What the task asks
From the first line to the last, reproduce the records exactly as they appear below.

═════ Entries shown

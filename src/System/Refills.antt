-- ===== src/System/Refills.antt =====
-- What the inner loop of the manager sends to the starter (mgr.go: loop, getReadyChunk).
use incite.Base.{
  ℕ, zero, suc, ◌+◌, ◌≡◌, refl, sym, subst, inl, inr, Option-cases, List, [], ◌∷◌, arith, length,
  ltb, Bool-cases,
}
use incite.Stream.{next_chunk_range}
use incite.Adapter.{whole}
use incite.Chunk.{Chunk, first_chunk}
use incite.Worker.States.{AllIn, AllIn-append}
use incite.Manager.{Mgr, Heap, make_ready, make_chunk, fill_ready, send_first, send_ready, dispatch}
use incite.System.Served.{Extends}
use incite.System.Kinds.{is_clear, is_starting, is_polling, is_stopping}
use incite.System.Sends.{Extends-refl, IsClear, Sends, Sends-trans, nothing_sent}

-- Nothing is sent.
Quiet : Mgr → Mgr → Type 0
Quiet m m' = (m'.start ≡ m.start) × (m'.poll ≡ m.poll) × (m'.stop ≡ m.stop) × IsClear m'

Quiet-Sends : (m m' : Mgr) → Quiet m m' → Sends m m'
unfolding Quiet
Quiet-Sends m m' (a, b, c, h) = (
  subst (Extends is_starting m.start) (sym a) (Extends-refl is_starting m.start),
  subst (Extends is_polling m.poll) (sym b) (Extends-refl is_polling m.poll),
  subst (Extends is_stopping m.stop) (sym c) (Extends-refl is_stopping m.stop),
  h,
)

module _ (heap : Heap) where
  make_chunk-Quiet :
      (k : ℕ) (rest : List ℕ) (m : Mgr) → IsClear m → Quiet m (make_chunk heap k rest m)
  unfolding Quiet make_chunk make_ready first_chunk
  make_chunk-Quiet k rest m h =
      let s = m.streams k in
      (
        refl,
        refl,
        refl,
        AllIn-append is_clear m.ready
            (first_chunk k s.next (next_chunk_range s) s.spec.preview ∷ []) h (refl, tt),
      )

  fill_ready-Quiet : (fuel : ℕ) (m : Mgr) → IsClear m → Quiet m (fill_ready heap fuel m)
  unfolding Quiet fill_ready
  fill_ready-Quiet zero m h = (refl, refl, refl, h)
  fill_ready-Quiet (suc fuel) m h = elim (Option-cases (heap.pop m.streams m.pq)) [
    | inl p ↦ ground (arith, p)
    | inr ((k, rest), p) ↦
        ground
          (arith, p, make_chunk-Quiet k rest m h, fill_ready-Quiet fuel (record m { pq = rest }) h)
  ]

  send_first-Sends :
      (cs : List Chunk) (m : Mgr) → cs ≡ m.ready → IsClear m → Sends m (send_first heap cs m)
  send_first-Sends [] m e h = nothing_sent m m.ready h
  send_first-Sends (c ∷ cs) m e h =
      let all : AllIn is_clear (c ∷ cs) = subst (AllIn is_clear) (sym e) h in
      (
        (_, refl, (all.0, tt)),
        Extends-refl is_polling m.poll,
        Extends-refl is_stopping m.stop,
        all.1,
      )

  send_ready-Sends : (m : Mgr) → IsClear m → Sends m (send_ready heap m)
  unfolding send_ready
  send_ready-Sends m h =
      let m1 = fill_ready heap (length m.pq) m in
      let filled = Quiet-Sends m m1 (fill_ready-Quiet (length m.pq) m h) in
      Sends-trans m m1 (send_first heap m1.ready m1) filled
        (send_first-Sends m1.ready m1 refl filled.3)

  pub dispatch-Sends : (fuel : ℕ) (m : Mgr) → IsClear m → Sends m (dispatch heap fuel m)
  unfolding dispatch
  dispatch-Sends zero m h = nothing_sent m m.ready h
  dispatch-Sends (suc fuel) m h =
      let sent = send_ready-Sends m h in
      elim (Bool-cases (ltb (m.num_starting + m.num_polling + m.num_stopping) (whole m.parallel))) [
        | inl more ↦
            rw (dispatch, more)
              (Sends-trans m (send_ready heap m) (dispatch heap fuel (send_ready heap m)) sent
                (dispatch-Sends fuel (send_ready heap m) sent.3))
        | inr full ↦ rw (dispatch, full) (nothing_sent m m.ready h)
      ]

══════════

Your response
filename src/System/Refills.antt
-- ===== src/System/Refills.antt =====
-- What the inner loop of the manager sends to the starter (mgr.go: loop, getReadyChunk).
use incite.Base.{
  ℕ, zero, suc, ◌+◌, ◌≡◌, refl, sym, subst, inl, inr, Option-cases, List, [], ◌∷◌, arith, length,
  ltb, Bool-cases,
}
use incite.Stream.{next_chunk_range}
use incite.Adapter.{whole}
use incite.Chunk.{Chunk, first_chunk}
use incite.Worker.States.{AllIn, AllIn-append}
use incite.Manager.{Mgr, Heap, make_ready, make_chunk, fill_ready, send_first, send_ready, dispatch}
use incite.System.Served.{Extends}
use incite.System.Kinds.{is_clear, is_starting, is_polling, is_stopping}
use incite.System.Sends.{Extends-refl, IsClear, Sends, Sends-trans, nothing_sent}

-- Nothing is sent.
Quiet : Mgr → Mgr → Type 0
Quiet m m' = (m'.start ≡ m.start) × (m'.poll ≡ m.poll) × (m'.stop ≡ m.stop) × IsClear m'

Quiet-Sends : (m m' : Mgr) → Quiet m m' → Sends m m'
unfolding Quiet
Quiet-Sends m m' (a, b, c, h) = (
  subst (Extends is_starting m.start) (sym a) (Extends-refl is_starting m.start),
  subst (Extends is_polling m.poll) (sym b) (Extends-refl is_polling m.poll),
  subst (Extends is_stopping m.stop) (sym c) (Extends-refl is_stopping m.stop),
  h,
)

module _ (heap : Heap) where
  make_chunk-Quiet :
      (k : ℕ) (rest : List ℕ) (m : Mgr) → IsClear m → Quiet m (make_chunk heap k rest m)
  unfolding Quiet make_chunk make_ready first_chunk
  make_chunk-Quiet k rest m h =
      let s = m.streams k in
      (
        refl,
        refl,
        refl,
        AllIn-append is_clear m.ready
            (first_chunk k s.next (next_chunk_range s) s.spec.preview ∷ []) h (refl, tt),
      )

  fill_ready-Quiet : (fuel : ℕ) (m : Mgr) → IsClear m → Quiet m (fill_ready heap fuel m)
  unfolding Quiet fill_ready
  fill_ready-Quiet zero m h = (refl, refl, refl, h)
  fill_ready-Quiet (suc fuel) m h = elim (Option-cases (heap.pop m.streams m.pq)) [
    | inl p ↦ ground (arith, p)
    | inr ((k, rest), p) ↦
        ground
          (arith, p, make_chunk-Quiet k rest m h, fill_ready-Quiet fuel (record m { pq = rest }) h)
  ]

  send_first-Sends :
      (cs : List Chunk) (m : Mgr) → cs ≡ m.ready → IsClear m → Sends m (send_first heap cs m)
  send_first-Sends [] m e h = nothing_sent m m.ready h
  send_first-Sends (c ∷ cs) m e h =
      let all : AllIn is_clear (c ∷ cs) = subst (AllIn is_clear) (sym e) h in
      (
        (_, refl, (all.0, tt)),
        Extends-refl is_polling m.poll,
        Extends-refl is_stopping m.stop,
        all.1,
      )

  send_ready-Sends : (m : Mgr) → IsClear m → Sends m (send_ready heap m)
  unfolding send_ready
  send_ready-Sends m h =
      let m1 = fill_ready heap (length m.pq) m in
      let filled = Quiet-Sends m m1 (fill_ready-Quiet (length m.pq) m h) in
      Sends-trans m m1 (send_first heap m1.ready m1) filled
        (send_first-Sends m1.ready m1 refl filled.3)

  pub dispatch-Sends : (fuel : ℕ) (m : Mgr) → IsClear m → Sends m (dispatch heap fuel m)
  unfolding dispatch
  dispatch-Sends zero m h = nothing_sent m m.ready h
  dispatch-Sends (suc fuel) m h =
      let sent = send_ready-Sends m h in
      elim (Bool-cases (ltb (m.num_starting + m.num_polling + m.num_stopping) (whole m.parallel))) [
        | inl more ↦
            rw (dispatch, more)
              (Sends-trans m (send_ready heap m) (dispatch heap fuel (send_ready heap m)) sent
                (dispatch-Sends fuel (send_ready heap m) sent.3))
        | inr full ↦ rw (dispatch, full) (nothing_sent m m.ready h)
      ]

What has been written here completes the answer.